Too Personal a Tale

Sometime early during the first year of the closing of the society because of the pandemic, I began to have occasional anxiety attacks. The episodes would come sometime after sunset and most typically late at night when everything was quiet, and I had the chance to consider the insanity of what was going on around me in an environment in which time and sanity seemed to have become something entirely different from what they had once been in a mad, but somewhat comprehensible world.

With a graduate degree in counseling and aware of how therapeutic interventions had been distorted by ludicrous theories of human behavior, I was hesitant to seek out help for this battle with anxiety that seemed to be happening all around me in what appeared to be a common happening. I was also hesitant because airing private laundry and admitting weakness is not part of the false “American” myth of rugged individualism and making it alone.

I never went in for a narrative of Dylan’s “too personal a tale,” in a somewhat different context. But, the constant drumbeat of death and the closing down of the society and its resulting demand for isolation of a kind finally took its toll. From New York City, where I had travelled weekly to take care of family business as the pandemic took especially lethal hold, came tales of endless sirens screaming through the night.

Then the real insanity took hold. I used a referral list from Psychology Today to look at the professional biographies of local clinicians and steered far away from those who claimed to offer personal fulfillment and expanding one’s horizons. I had had enough of that glad-talking have a good day rhetoric in the laundering of psychoanalysis US style. They, both the university where I studied and the discipline, filled my graduate program with the language of feelings in working with clients and skewed toward what Russell Jacoby writes about in his seminal work on the history of psychoanalysis after Freud in Social Amnesia: A Critique of Contemporary Psychology From Adler To Laing (1975).

Surface psychology and post-Freudian analysis largely ignored significant aspects of a consumerist, racist, anti-Semitic, and misogynist society. It also usually ignored the psychological effects of a society always on a war footing or fighting endless wars. Poor people were always ignored. The luxury of a talking cure is as remote to millions of people as is a walk on the moon.

The contacts that I attempted to make in the area where I live failed to respond to my queries. I limited myself to those clinicians who steered clear of personal growth nonsense. I searched for clinicians who dealt with issues   related to treating post-traumatic stress disorder, or in common parlance, not being able to cope in varying degrees as the shit of the pandemic hit the fan day after day and the national clown in Washington, DC made anti-science his cause célèbre.

When I did receive a phone call or email, the story was the same: No room at the inn for another client. My least favorite response was from a clinician who agreed to see me, but refused to take health insurance, insisted on a fee of $250 for a clinical hour (fifty minutes), and offered to take $20 off of the fee in what she called a sliding scale. Readers here can see the theater of the absurd coming into play. One clinician said that she would place me on a waiting list and months passed without hearing from her again.

Meanwhile, a clinician in New York, who I knew, met with online clients from many geographical areas in the US, as the guidelines for licensing had been somewhat relaxed in answer to the burgeoning demand for help during the pandemic. That clinician could have spent 24 hours a day trying to meet the demand for help and not have made a dent in those seeking help.

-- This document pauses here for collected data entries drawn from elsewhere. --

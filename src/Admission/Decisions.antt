-- ===== src/Admission/Decisions.antt =====
-- crates/koprs-admission/src: which answers let a request pass, and whose they are.
use koprs.Prelude.{
  ℕ, ◌≡◌, refl, sym, ◌∙◌, String, Bool, true, false, Option, some, Result, ok, err, ltb,
  if◌then◌else◌,
}
use koprs.Admission.{AdmissionError, display}
use koprs.Admission.Json.{Json, boolean, string, get}
use koprs.Admission.Review.{
  AdmissionRequest, ValidationResponse, Decoders, get_in, parse_uid, parse_request, build_response,
  build_deny_response,
}
use koprs.Admission.Webhook.{Answer, json, code, Validator, answer_of, admit_parsed, admit, route}

-- What the API server reads of an answer.
abbrev pub response_field : String → Json → Option Json
response_field key review = get_in (get review "response") key

abbrev pub IsAllowed : Answer → Type 0
IsAllowed (json r) = response_field "allowed" r ≡ some (boolean true)
IsAllowed (code n) = ⊥

abbrev pub Echoes : String → Answer → Type 0
Echoes uid (json r) = response_field "uid" r ≡ some (string uid)
Echoes uid (code n) = n ≡ 500

allowed-build_response :
    (uid : String) (resp : ValidationResponse)
    → response_field "allowed" (build_response uid resp) ≡ some (boolean resp.allowed)
unfolding build_response
allowed-build_response uid resp = refl

denied : (uid message : String) → IsAllowed (json (build_deny_response uid message)) → ⊥
unfolding build_deny_response
denied uid message h = cc

boolean_inj : (a b : Bool) → ◌≡◌ {A = Option Json} (some (boolean a)) (some (boolean b)) → a ≡ b
boolean_inj a b h = cc

module _ {W T : Type 0} (d : Decoders T) (validate : Validator W T) where
  -- The validator let the request of the body pass.
  abbrev pub Passed : Json → W → Type 0
  Passed body w =
      (request : AdmissionRequest T) × (resp : ValidationResponse) × (parse_request d body
        ≡ ok request)
      × ((validate request w).0 ≡ ok resp)
      × (resp.allowed ≡ true)

  answer_of-IsAllowed :
      (uid : String) (r : Result String ValidationResponse)
      → IsAllowed (answer_of uid r)
      → (resp : ValidationResponse) × (r ≡ ok resp) × (resp.allowed ≡ true)
  answer_of-IsAllowed uid (err e) h = absurd h
  answer_of-IsAllowed uid (ok resp) h =
      (resp, refl, boolean_inj _ _ (sym (allowed-build_response uid resp) ∙ h))

  admit_parsed-IsAllowed :
      (body : Json) (uid : String) (parsed : Result AdmissionError (AdmissionRequest T)) (w : W)
      → parse_request d body ≡ parsed
      → IsAllowed (admit_parsed d validate uid parsed w).0
      → Passed body w
  admit_parsed-IsAllowed body uid (err e) w same h = absurd (denied uid (display e) h)
  admit_parsed-IsAllowed body uid (ok request) w same h =
      let (resp, e, let_in) = answer_of-IsAllowed uid (validate request w).0 h in
      (request, resp, same, e, let_in)

  admit-IsAllowed : (body : Json) (w : W) → IsAllowed (admit d validate body w).0 → Passed body w
  unfolding admit
  admit-IsAllowed body w h =
      admit_parsed-IsAllowed body (parse_uid body) (parse_request d body) w refl h

  in_time-IsAllowed :
      (late : Bool) (left : W) (x : Answer × W)
      → IsAllowed (if late then (code 500, left) else x).0
      → (late ≡ false) × IsAllowed x.0
  in_time-IsAllowed true left x h = absurd h
  in_time-IsAllowed false left x h = (refl, h)

  -- The route fails closed: an answer lets the request pass only if the body parses and the
  -- validator, asked about the parsed request in time, allows it. A body that does not parse, an
  -- error of the validator and a timeout never do.
  pub route-IsAllowed :
      (request_timeout took : ℕ) (left : W) (body : Json) (w : W)
      → IsAllowed (route d validate request_timeout took left body w).0
      → (ltb request_timeout took ≡ false) × Passed body w
  unfolding route
  route-IsAllowed request_timeout took left body w h =
      let (soon, h') =
        in_time-IsAllowed (ltb request_timeout took) left (admit d validate body w) h in
      (soon, admit-IsAllowed body w h')

  answer_of-Echoes :
      (uid : String) (r : Result String ValidationResponse) → Echoes uid (answer_of uid r)
  unfolding build_response
  answer_of-Echoes uid (ok resp) = refl
  answer_of-Echoes uid (err e) = refl

  admit_parsed-Echoes :
      (uid : String) (parsed : Result AdmissionError (AdmissionRequest T)) (w : W)
      → Echoes uid (admit_parsed d validate uid parsed w).0
  unfolding build_deny_response
  admit_parsed-Echoes uid (err e) w = refl
  admit_parsed-Echoes uid (ok request) w = answer_of-Echoes uid (validate request w).0

  in_time-Echoes :
      (uid : String) (late : Bool) (left : W) (x : Answer × W)
      → Echoes uid x.0
      → Echoes uid (if late then (code 500, left) else x).0
  in_time-Echoes uid true left x h = refl
  in_time-Echoes uid false left x h = h

  -- Every JSON answer of the route carries the uid of the request that it answers, and every other
  -- answer is a 500.
  pub route-Echoes :
      (request_timeout took : ℕ) (left : W) (body : Json) (w : W)
      → Echoes (parse_uid body) (route d validate request_timeout took left body w).0
  unfolding route admit
  route-Echoes request_timeout took left body w =
      in_time-Echoes (parse_uid body) (ltb request_timeout took) left (admit d validate body w)
        (admit_parsed-Echoes (parse_uid body) (parse_request d body) w)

The COVID-19 pandemic and the resulting economic recession have negatively affected many people’s mental health and created new barriers for people already suffering from mental illness and substance use disorders. During the pandemic, about 4 in 10 adults in the U.S. have reported symptoms of anxiety or depressive disorder, a share that has been largely consistent, up from one in ten adults who reported these symptoms from January to June 2019 (Figure 1). A KFF Health Tracking Poll from July 2020 also found that many adults are reporting specific negative impacts on their mental health and well-being, such as difficulty sleeping (36%) or eating (32%), increases in alcohol consumption or substance use (12%), and worsening chronic conditions (12%), due to worry and stress over the coronavirus. As the pandemic wears on, ongoing and necessary public health measures expose many people to experiencing situations linked to poor mental health outcomes, such as isolation and job loss (KFF, “The Implications of Covid-19 for Mental Health and Substance Use,” February 10, 2021).

The first injection of two injections of the Covid-19 vaccine provided not only a partial end to social isolation, but caused my symptoms of anxiety related to the pandemic to disappear almost overnight. Not as fortunate were the millions of people for whom the pandemic meant economic collapse, severe illness, and death. How many of those vulnerable to the effects of the pandemic fell into demographics that spelled danger because of previously existing economic and social life circumstances? Untold numbers of the most vulnerable people lived in poverty, densely populated urban settings, nursing homes, assisted-living centers, and veterans homes. The dictates of a top-down economy forced millions of people to work without the luxury of being able to search for emotional support or proper protective equipment. Tens of thousands of deaths, both past, present, and future, result from a thoroughly privatized system of healthcare without a national public health system.

On March 14, 2021, the New York Times reported 533,904 total deaths from the pandemic in the US.

Howard Lisnoff is a freelance writer. He is the author of Against the Wall: Memoir of a Vietnam-Era War Resister (2017).